- **What is required**: Work out how many lines in the listing below include the word "then"; answer with the number alone.

Top of Material supplied

-- ===== src/Sandbox/Image/Primary.antt =====
-- internal/sandbox/image.go, validatePrimaryOCIImage and validatePrimaryOCIIndex: the descriptors of an
-- index. The set of the accepted identities is returned in place of being filled.
use dittobench_api.Base.{
  ℕ, ◌+◌, Bool, false, not, Option, none, some, List, [], ◌∷◌, ◌==◌, ltb, ◌||◌, ◌&&◌, nat_eq,
  if◌then◌else◌, all, length, keep,
}
use dittobench_api.Base.Text.{bytes_of, same_text}
use dittobench_api.Sandbox.Image.{
  Text, Platform, Descriptor, Codec, find, size_of, canonical_sha256_digest, blob_name,
  oci_index_type, oci_manifest_type, docker_manifest_type, max_attestation_descriptors,
  validate_runnable_image_manifest, validate_attestation_descriptor,
}

-- What an index or a manifest binds: the media type of the expected image, its sole runnable digest and
-- the identities that it may get.
pub record Bound : Type 0 where
  pub media_type : Text
  pub runnable : Text
  pub accepted : List Text

abbrev pub is_attestation : Descriptor → Bool
is_attestation d = same_text d.reference_type (bytes_of "attestation-manifest")

abbrev is_known : Option Platform → Bool
is_known none = false
is_known (some p) =
    not (same_text p.architecture (bytes_of "unknown")) && not (same_text p.os (bytes_of "unknown"))

abbrev pub is_runnable : Descriptor → Bool
is_runnable d =
    same_text d.media_type oci_manifest_type
    && ltb 0 d.size
    && is_known d.platform
    && canonical_sha256_digest d.digest

module _ (codec : Codec) (blobs : List (Text × List ℕ)) (sizes : List (Text × ℕ)) where
  -- The sole runnable image of an index, with its manifest and config.
  unfoldable pub bind_runnable : Descriptor → Option Bound
  bind_runnable d = elim (find (blob_name d.digest) blobs) [
    | none ↦ none
    | some content ↦
        if not (size_of (blob_name d.digest) sizes == d.size)
        then none
        else elim (validate_runnable_image_manifest codec sizes blobs content) [
          | none ↦ none
          | some config ↦ some (record {
            media_type = oci_index_type;
            runnable = d.digest;
            accepted = d.digest ∷ config ∷ [];
          })
        ]
  ]

  -- The other descriptors are attestations of it.
  unfoldable pub attest : List Descriptor → Option Bound → Option Bound
  attest ds none = none
  attest ds (some b) =
      if all (validate_attestation_descriptor codec blobs b.runnable) (keep is_attestation ds)
      then some b
      else none

  unfoldable pub bind_sole : List Descriptor → List Descriptor → Option Bound
  unfolding bind_runnable attest
  bind_sole ds [] = none
  bind_sole ds (d ∷ others) =
      if length others == 0 && is_runnable d then attest ds (bind_runnable d) else none

  unfoldable pub validate_primary_oci_index : List ℕ → Option Bound
  unfolding bind_sole
  validate_primary_oci_index content = elim (codec.decode_index content) [
    | none ↦ none
    | some index ↦
        if not (index.schema_version == 2)
          || not (same_text index.media_type oci_index_type)
          || length index.manifests == 0
          || ltb (1 + max_attestation_descriptors) (length index.manifests)
        then none
        else bind_sole index.manifests (keep (λ d. not (is_attestation d)) index.manifests)
  ]

  -- For the expected identity: an index, or the manifest of the image itself.
  unfoldable pub validate_primary_oci_image : Text → List ℕ → Option Bound
  unfolding validate_primary_oci_index
  validate_primary_oci_image expected content = elim (codec.decode_media_type content) [
    | none ↦ none
    | some media_type ↦
        if same_text media_type oci_index_type
        then validate_primary_oci_index content
        else if same_text media_type docker_manifest_type
        then elim (validate_runnable_image_manifest codec sizes blobs content) [
          | none ↦ none
          | some config ↦ some (record {
            media_type = docker_manifest_type;
            runnable = expected;
            accepted = expected ∷ config ∷ [];
          })
        ]
        else none
  ]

Bottom of Material supplied

- **Answer to this problem**: 7